One of Descartes’ most compelling moves is his reinterpretation of error as a privation. Responding to Mersenne in the Replies to the Second Set of Objections, Descartes argues that error is not something real which requires God’s concurrence. Since only what has real existence needs a cause, and error consists merely in the absence of right judgment, it cannot be attributed to God. Thus, God creates only perfections, while the misuse or absence of those perfections belongs to the creature. This view parallels Augustine’s theodicy, which described evil as the deprivation of good rather than a created substance. Yet Descartes extends that logic into epistemology, securing a foundation for knowledge itself, because if our faculties are good in kind, then clear and distinct perception can be trusted as the path to truth.

A second strength lies in Descartes’ account of freedom as the most significant mark of humanity’s resemblance to God. In the Replies to the Fourth Set of Objections addressed to Arnauld, Descartes calls the will “the greatest perfection I can possess,” because unlike the finite intellect, it is formally infinite. This boundless capacity is valuable because the will’s likeness to God’s own freedom reveals human’s closest reflection of divine autonomy.

Despite its coherence, Descartes’ account faces difficulties. Arnauld challenged the claim that God is not responsible for error. If God knowingly created beings with a finite intellect but an infinite will, then the disproportion between these faculties makes error inevitable. Since God could have created us differently, He seems indirectly responsible for our mistakes. Later philosophers, such as Leibniz, argues that a perfectly benevolent God would not permit cognitive imperfection without sufficient reason. This objection undermines Descartes’ theodicy: the design of the faculties themselves seems to entail fallibility. If the will’s infinity necessarily outstrips the intellect’s finitude, human error appears to be part of divine design, not merely misuse.

Descartes’ replies to Arnauld by arguing that the disproportion between will and intellect is what makes human rationality and morality possible. If the will were as limited as the intellect, human beings would never reach beyond what they already know; they would be passive intellects, not agents capable of inquiry or virtue, while the possibility of error enables the capacity of truth-seeking. Furthermore, Descartes remarks that there would be more perfection and good of completion in a universe where God allows a variety of finite beings, “than there would be if all the parts were exactly alike,” and thus one should not complain the role of humans “is not the principal one or the most perfect of all.” (7:61)

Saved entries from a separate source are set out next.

-- ===== src/Leb/Steps.antt =====
-- One round of the decoder, as arithmetic.
use native.Mathlib.Nat.{mod-eq_of_lt, pow-le-pow_right}
use wasm_instrument.Prelude.{
  ℕ, suc, ◌+◌, ◌*◌, ◌%◌, ◌^◌, ◌≤◌, ◌<◌, bit_and, bit_or, ◌≡◌, List, ◌∷◌, arith, true, false, lt→ltb,
}
use wasm_instrument.Prelude.Bits.{pow_add, pow_pos, and_mask, or_fields, high_bit}
use wasm_instrument.Prelude.Result.{ok}
use wasm_instrument.Leb.{good, more, finish, last_byte, decode_loop}

pub shift_lt : (w s k x : ℕ) → s + k ≤ w → x < 2 ^ k → x * 2 ^ s < 2 ^ w
shift_lt w s k x h lt =
    let room : 2 ^ (s + k) ≤ 2 ^ w = pow-le-pow_right {n = 2} (omega arith) h in
    let parts : 2 ^ (s + k) ≡ 2 ^ s * 2 ^ k = pow_add s k in
    let pos : 0 < 2 ^ s = pow_pos s in
    let scaled : suc x * 2 ^ s ≤ 2 ^ k * 2 ^ s = grind arith in omega arith

-- The bits of a group of seven that the type has room for land at `s`.
pub or_group :
    (w s k r x : ℕ)
    → s + k ≤ w
    → x < 2 ^ k
    → r < 2 ^ s
    → bit_or r (x * 2 ^ s % 2 ^ w) ≡ r + x * 2 ^ s
or_group w s k r x h lt small = rw (mod-eq_of_lt (shift_lt w s k x h lt)) (or_fields s r x small)

pub seven : (x : ℕ) → bit_and x 0x7f ≡ x % 128
seven x = and_mask 7 x

pub more_set : (x : ℕ) → x < 128 → more (x + 128) ≡ true
unfolding more
more_set x h = ground (arith, high_bit (x + 128) (omega arith))

pub more_clear : (x : ℕ) → x < 128 → more x ≡ false
unfolding more
more_clear x h = ground (arith, high_bit x (omega arith))

module _ (w mask legal : ℕ) (bytes : List ℕ) (left r s n x : ℕ) (x_fits : x < 128)
    (r_fits : r < 2 ^ s) where
  -- A byte with its high bit set, below the top of the type.
  pub decode_more :
      s + 7 ≤ w
      → decode_loop w mask legal ((x + 128) ∷ bytes) (suc left) r s n
        ≡ decode_loop w mask legal bytes left (r + x * 2 ^ s) (s + 7) (n + 1)
  unfolding decode_loop
  decode_more room =
      let fits = or_group w s 7 r x room x_fits r_fits in
      let low : bit_and (x + 128) 0x7f ≡ x = omega (arith, seven (x + 128)) in
      rw (low, fits, more_set x x_fits) (ground arith)

  -- A byte that ends the number below the top of the type.
  pub decode_stop :
      s + 7 ≤ w
      → decode_loop w mask legal (x ∷ bytes) (suc left) r s n
        ≡ ok (good (finish w mask legal (r + x * 2 ^ s) (s + 7)) (n + 1))
  unfolding decode_loop
  decode_stop room =
      let fits = or_group w s 7 r x room x_fits r_fits in
      let low : bit_and x 0x7f ≡ x = omega (arith, seven x) in
      rw (low, fits, more_clear x x_fits) (ground arith)

  -- The byte that reaches the top.
  pub decode_last :
      w < s + 7
      → decode_loop w mask legal (x ∷ bytes) (suc left) r s n
        ≡ ok (last_byte mask legal x (bit_or r (x * 2 ^ s % 2 ^ w)) (n + 1))
  unfolding decode_loop
  decode_last room =
      let low : bit_and x 0x7f ≡ x = omega (arith, seven x) in rw (low, lt→ltb w (s + 7) room)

A second weakness raised by Thomas Hobbes challenges Descartes’ redefinition of freedom. Descartes insists that “the indifference I feel” is “a defect in knowledge or a kind of negation.” Yet this introduces a new problem: if the will necessarily assents to what the intellect perceives as true, then genuine choice vanishes. For example, when I clearly grasp that a mathematical proof is valid, I cannot withhold assent without irrationality. In such cases, the will’s “freedom” appears indistinguishable from intellectual compulsion. In reply to Hobbes, Descartes clarifies that the highest freedom is not indifference, but spontaneity, the natural tendency to affirm what is clearly known. In the Replies to the Third Set, he explains that “the more clearly I understand, the more freely I choose.” (7:177) He distinguishes coercion from necessity through reason. When the intellect illuminates a proposition so clearly and distinctly that the will cannot but affirm it, the will’s movement is entirely self-generated, following the internal order of reason, not an external force.